Your instructions: Retype all of the data. Every line must match exactly.
Start of Block
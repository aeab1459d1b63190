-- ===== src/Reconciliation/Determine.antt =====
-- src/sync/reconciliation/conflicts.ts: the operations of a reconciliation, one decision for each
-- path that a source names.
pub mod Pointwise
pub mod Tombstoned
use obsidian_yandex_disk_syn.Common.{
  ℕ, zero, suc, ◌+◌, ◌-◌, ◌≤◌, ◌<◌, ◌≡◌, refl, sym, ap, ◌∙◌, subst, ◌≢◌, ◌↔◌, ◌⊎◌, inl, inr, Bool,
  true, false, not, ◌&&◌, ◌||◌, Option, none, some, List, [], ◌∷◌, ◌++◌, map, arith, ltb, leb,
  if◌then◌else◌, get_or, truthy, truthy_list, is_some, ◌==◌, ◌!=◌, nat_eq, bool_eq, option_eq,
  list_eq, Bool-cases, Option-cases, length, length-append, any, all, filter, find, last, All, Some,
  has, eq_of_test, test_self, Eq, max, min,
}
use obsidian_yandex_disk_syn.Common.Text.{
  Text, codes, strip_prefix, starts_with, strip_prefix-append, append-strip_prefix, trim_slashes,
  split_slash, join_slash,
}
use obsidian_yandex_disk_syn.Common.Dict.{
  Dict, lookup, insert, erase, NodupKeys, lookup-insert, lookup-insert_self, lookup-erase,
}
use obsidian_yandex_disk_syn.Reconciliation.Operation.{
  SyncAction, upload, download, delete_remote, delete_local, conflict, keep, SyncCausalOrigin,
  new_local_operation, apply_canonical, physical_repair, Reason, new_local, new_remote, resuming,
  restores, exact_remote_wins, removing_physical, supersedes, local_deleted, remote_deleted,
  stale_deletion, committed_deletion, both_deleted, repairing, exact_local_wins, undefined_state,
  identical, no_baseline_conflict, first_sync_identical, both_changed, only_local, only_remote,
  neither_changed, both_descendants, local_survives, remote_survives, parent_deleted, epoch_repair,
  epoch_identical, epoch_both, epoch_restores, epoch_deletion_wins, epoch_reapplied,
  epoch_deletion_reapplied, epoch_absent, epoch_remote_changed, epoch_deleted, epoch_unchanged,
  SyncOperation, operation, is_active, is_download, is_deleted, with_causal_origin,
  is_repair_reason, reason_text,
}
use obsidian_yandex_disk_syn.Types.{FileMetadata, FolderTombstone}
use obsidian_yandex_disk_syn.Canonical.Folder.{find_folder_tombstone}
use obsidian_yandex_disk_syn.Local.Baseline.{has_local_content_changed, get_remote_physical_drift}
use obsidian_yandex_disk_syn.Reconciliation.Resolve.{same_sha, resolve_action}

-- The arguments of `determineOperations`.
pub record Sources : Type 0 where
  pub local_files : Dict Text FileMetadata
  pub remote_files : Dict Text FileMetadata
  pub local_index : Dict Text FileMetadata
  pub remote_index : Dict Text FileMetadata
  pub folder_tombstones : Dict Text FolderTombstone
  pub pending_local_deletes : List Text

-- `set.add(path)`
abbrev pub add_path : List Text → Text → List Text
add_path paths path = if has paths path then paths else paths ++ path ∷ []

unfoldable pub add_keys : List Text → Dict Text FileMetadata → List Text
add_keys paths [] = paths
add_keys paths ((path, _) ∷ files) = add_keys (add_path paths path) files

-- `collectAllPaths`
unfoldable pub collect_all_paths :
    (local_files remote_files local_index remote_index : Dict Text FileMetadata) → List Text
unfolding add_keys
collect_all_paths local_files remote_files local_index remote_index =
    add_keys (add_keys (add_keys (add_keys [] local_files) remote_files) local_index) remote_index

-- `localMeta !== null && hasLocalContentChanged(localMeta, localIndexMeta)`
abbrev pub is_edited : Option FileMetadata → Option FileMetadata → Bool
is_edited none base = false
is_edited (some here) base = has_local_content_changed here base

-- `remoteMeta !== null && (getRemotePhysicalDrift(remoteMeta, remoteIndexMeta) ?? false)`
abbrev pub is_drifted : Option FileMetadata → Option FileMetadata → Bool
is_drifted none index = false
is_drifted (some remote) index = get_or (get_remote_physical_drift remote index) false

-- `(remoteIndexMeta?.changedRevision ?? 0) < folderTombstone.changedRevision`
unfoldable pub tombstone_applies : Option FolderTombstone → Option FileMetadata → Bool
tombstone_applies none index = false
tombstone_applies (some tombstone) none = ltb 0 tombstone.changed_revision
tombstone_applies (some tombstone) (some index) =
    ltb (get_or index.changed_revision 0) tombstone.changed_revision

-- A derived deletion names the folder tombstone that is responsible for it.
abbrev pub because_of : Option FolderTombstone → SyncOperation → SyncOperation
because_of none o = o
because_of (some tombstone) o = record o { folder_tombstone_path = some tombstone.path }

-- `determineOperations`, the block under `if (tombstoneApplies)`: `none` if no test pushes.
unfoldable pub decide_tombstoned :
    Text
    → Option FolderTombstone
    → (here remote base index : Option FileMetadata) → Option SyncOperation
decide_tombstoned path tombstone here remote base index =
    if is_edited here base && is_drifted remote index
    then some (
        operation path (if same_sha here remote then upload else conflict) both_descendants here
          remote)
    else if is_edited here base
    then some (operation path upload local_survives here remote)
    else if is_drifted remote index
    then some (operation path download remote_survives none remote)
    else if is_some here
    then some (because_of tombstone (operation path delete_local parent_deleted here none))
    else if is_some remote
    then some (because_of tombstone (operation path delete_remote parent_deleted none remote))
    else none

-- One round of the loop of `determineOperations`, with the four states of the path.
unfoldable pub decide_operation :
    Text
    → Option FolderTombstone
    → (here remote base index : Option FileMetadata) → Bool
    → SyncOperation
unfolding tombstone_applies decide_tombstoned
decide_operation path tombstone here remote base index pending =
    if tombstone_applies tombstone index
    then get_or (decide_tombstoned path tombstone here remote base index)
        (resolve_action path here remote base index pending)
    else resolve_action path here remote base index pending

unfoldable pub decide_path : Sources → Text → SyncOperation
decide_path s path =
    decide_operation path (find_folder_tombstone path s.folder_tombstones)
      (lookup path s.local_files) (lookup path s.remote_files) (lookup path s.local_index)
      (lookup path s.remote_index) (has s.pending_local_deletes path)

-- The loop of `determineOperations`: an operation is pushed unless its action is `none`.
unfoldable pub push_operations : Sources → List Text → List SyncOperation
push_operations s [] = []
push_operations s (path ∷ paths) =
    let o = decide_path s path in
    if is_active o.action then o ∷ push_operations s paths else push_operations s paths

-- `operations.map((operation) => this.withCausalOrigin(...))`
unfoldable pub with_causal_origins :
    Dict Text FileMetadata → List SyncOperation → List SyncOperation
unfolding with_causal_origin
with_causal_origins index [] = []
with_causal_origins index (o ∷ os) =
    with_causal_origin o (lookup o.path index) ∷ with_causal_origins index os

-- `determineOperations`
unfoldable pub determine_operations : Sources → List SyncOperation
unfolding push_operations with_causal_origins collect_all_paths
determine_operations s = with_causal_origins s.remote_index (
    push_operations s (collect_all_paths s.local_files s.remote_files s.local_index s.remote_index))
End of Block
Task solution:
repository aeab1459d1b63190
-- ===== src/Reconciliation/Determine.antt =====
-- src/sync/reconciliation/conflicts.ts: the operations of a reconciliation, one decision for each
-- path that a source names.
pub mod Pointwise
pub mod Tombstoned
use obsidian_yandex_disk_syn.Common.{
  ℕ, zero, suc, ◌+◌, ◌-◌, ◌≤◌, ◌<◌, ◌≡◌, refl, sym, ap, ◌∙◌, subst, ◌≢◌, ◌↔◌, ◌⊎◌, inl, inr, Bool,
  true, false, not, ◌&&◌, ◌||◌, Option, none, some, List, [], ◌∷◌, ◌++◌, map, arith, ltb, leb,
  if◌then◌else◌, get_or, truthy, truthy_list, is_some, ◌==◌, ◌!=◌, nat_eq, bool_eq, option_eq,
  list_eq, Bool-cases, Option-cases, length, length-append, any, all, filter, find, last, All, Some,
  has, eq_of_test, test_self, Eq, max, min,
}
use obsidian_yandex_disk_syn.Common.Text.{
  Text, codes, strip_prefix, starts_with, strip_prefix-append, append-strip_prefix, trim_slashes,
  split_slash, join_slash,
}
use obsidian_yandex_disk_syn.Common.Dict.{
  Dict, lookup, insert, erase, NodupKeys, lookup-insert, lookup-insert_self, lookup-erase,
}
use obsidian_yandex_disk_syn.Reconciliation.Operation.{
  SyncAction, upload, download, delete_remote, delete_local, conflict, keep, SyncCausalOrigin,
  new_local_operation, apply_canonical, physical_repair, Reason, new_local, new_remote, resuming,
  restores, exact_remote_wins, removing_physical, supersedes, local_deleted, remote_deleted,
  stale_deletion, committed_deletion, both_deleted, repairing, exact_local_wins, undefined_state,
  identical, no_baseline_conflict, first_sync_identical, both_changed, only_local, only_remote,
  neither_changed, both_descendants, local_survives, remote_survives, parent_deleted, epoch_repair,
  epoch_identical, epoch_both, epoch_restores, epoch_deletion_wins, epoch_reapplied,
  epoch_deletion_reapplied, epoch_absent, epoch_remote_changed, epoch_deleted, epoch_unchanged,
  SyncOperation, operation, is_active, is_download, is_deleted, with_causal_origin,
  is_repair_reason, reason_text,
}
use obsidian_yandex_disk_syn.Types.{FileMetadata, FolderTombstone}
use obsidian_yandex_disk_syn.Canonical.Folder.{find_folder_tombstone}
use obsidian_yandex_disk_syn.Local.Baseline.{has_local_content_changed, get_remote_physical_drift}
use obsidian_yandex_disk_syn.Reconciliation.Resolve.{same_sha, resolve_action}

-- The arguments of `determineOperations`.
pub record Sources : Type 0 where
  pub local_files : Dict Text FileMetadata
  pub remote_files : Dict Text FileMetadata
  pub local_index : Dict Text FileMetadata
  pub remote_index : Dict Text FileMetadata
  pub folder_tombstones : Dict Text FolderTombstone
  pub pending_local_deletes : List Text

-- `set.add(path)`
abbrev pub add_path : List Text → Text → List Text
add_path paths path = if has paths path then paths else paths ++ path ∷ []

unfoldable pub add_keys : List Text → Dict Text FileMetadata → List Text
add_keys paths [] = paths
add_keys paths ((path, _) ∷ files) = add_keys (add_path paths path) files

-- `collectAllPaths`
unfoldable pub collect_all_paths :
    (local_files remote_files local_index remote_index : Dict Text FileMetadata) → List Text
unfolding add_keys
collect_all_paths local_files remote_files local_index remote_index =
    add_keys (add_keys (add_keys (add_keys [] local_files) remote_files) local_index) remote_index

-- `localMeta !== null && hasLocalContentChanged(localMeta, localIndexMeta)`
abbrev pub is_edited : Option FileMetadata → Option FileMetadata → Bool
is_edited none base = false
is_edited (some here) base = has_local_content_changed here base

-- `remoteMeta !== null && (getRemotePhysicalDrift(remoteMeta, remoteIndexMeta) ?? false)`
abbrev pub is_drifted : Option FileMetadata → Option FileMetadata → Bool
is_drifted none index = false
is_drifted (some remote) index = get_or (get_remote_physical_drift remote index) false

-- `(remoteIndexMeta?.changedRevision ?? 0) < folderTombstone.changedRevision`
unfoldable pub tombstone_applies : Option FolderTombstone → Option FileMetadata → Bool
tombstone_applies none index = false
tombstone_applies (some tombstone) none = ltb 0 tombstone.changed_revision
tombstone_applies (some tombstone) (some index) =
    ltb (get_or index.changed_revision 0) tombstone.changed_revision

-- A derived deletion names the folder tombstone that is responsible for it.
abbrev pub because_of : Option FolderTombstone → SyncOperation → SyncOperation
because_of none o = o
because_of (some tombstone) o = record o { folder_tombstone_path = some tombstone.path }

-- `determineOperations`, the block under `if (tombstoneApplies)`: `none` if no test pushes.
unfoldable pub decide_tombstoned :
    Text
    → Option FolderTombstone
    → (here remote base index : Option FileMetadata) → Option SyncOperation
decide_tombstoned path tombstone here remote base index =
    if is_edited here base && is_drifted remote index
    then some (
        operation path (if same_sha here remote then upload else conflict) both_descendants here
          remote)
    else if is_edited here base
    then some (operation path upload local_survives here remote)
    else if is_drifted remote index
    then some (operation path download remote_survives none remote)
    else if is_some here
    then some (because_of tombstone (operation path delete_local parent_deleted here none))
    else if is_some remote
    then some (because_of tombstone (operation path delete_remote parent_deleted none remote))
    else none

-- One round of the loop of `determineOperations`, with the four states of the path.
unfoldable pub decide_operation :
    Text
    → Option FolderTombstone
    → (here remote base index : Option FileMetadata) → Bool
    → SyncOperation
unfolding tombstone_applies decide_tombstoned
decide_operation path tombstone here remote base index pending =
    if tombstone_applies tombstone index
    then get_or (decide_tombstoned path tombstone here remote base index)
        (resolve_action path here remote base index pending)
    else resolve_action path here remote base index pending

unfoldable pub decide_path : Sources → Text → SyncOperation
decide_path s path =
    decide_operation path (find_folder_tombstone path s.folder_tombstones)
      (lookup path s.local_files) (lookup path s.remote_files) (lookup path s.local_index)
      (lookup path s.remote_index) (has s.pending_local_deletes path)

-- The loop of `determineOperations`: an operation is pushed unless its action is `none`.
unfoldable pub push_operations : Sources → List Text → List SyncOperation
push_operations s [] = []
push_operations s (path ∷ paths) =
    let o = decide_path s path in
    if is_active o.action then o ∷ push_operations s paths else push_operations s paths

-- `operations.map((operation) => this.withCausalOrigin(...))`
unfoldable pub with_causal_origins :
    Dict Text FileMetadata → List SyncOperation → List SyncOperation
unfolding with_causal_origin
with_causal_origins index [] = []
with_causal_origins index (o ∷ os) =
    with_causal_origin o (lookup o.path index) ∷ with_causal_origins index os

-- `determineOperations`
unfoldable pub determine_operations : Sources → List SyncOperation
unfolding push_operations with_causal_origins collect_all_paths
determine_operations s = with_causal_origins s.remote_index (
    push_operations s (collect_all_paths s.local_files s.remote_files s.local_index s.remote_index))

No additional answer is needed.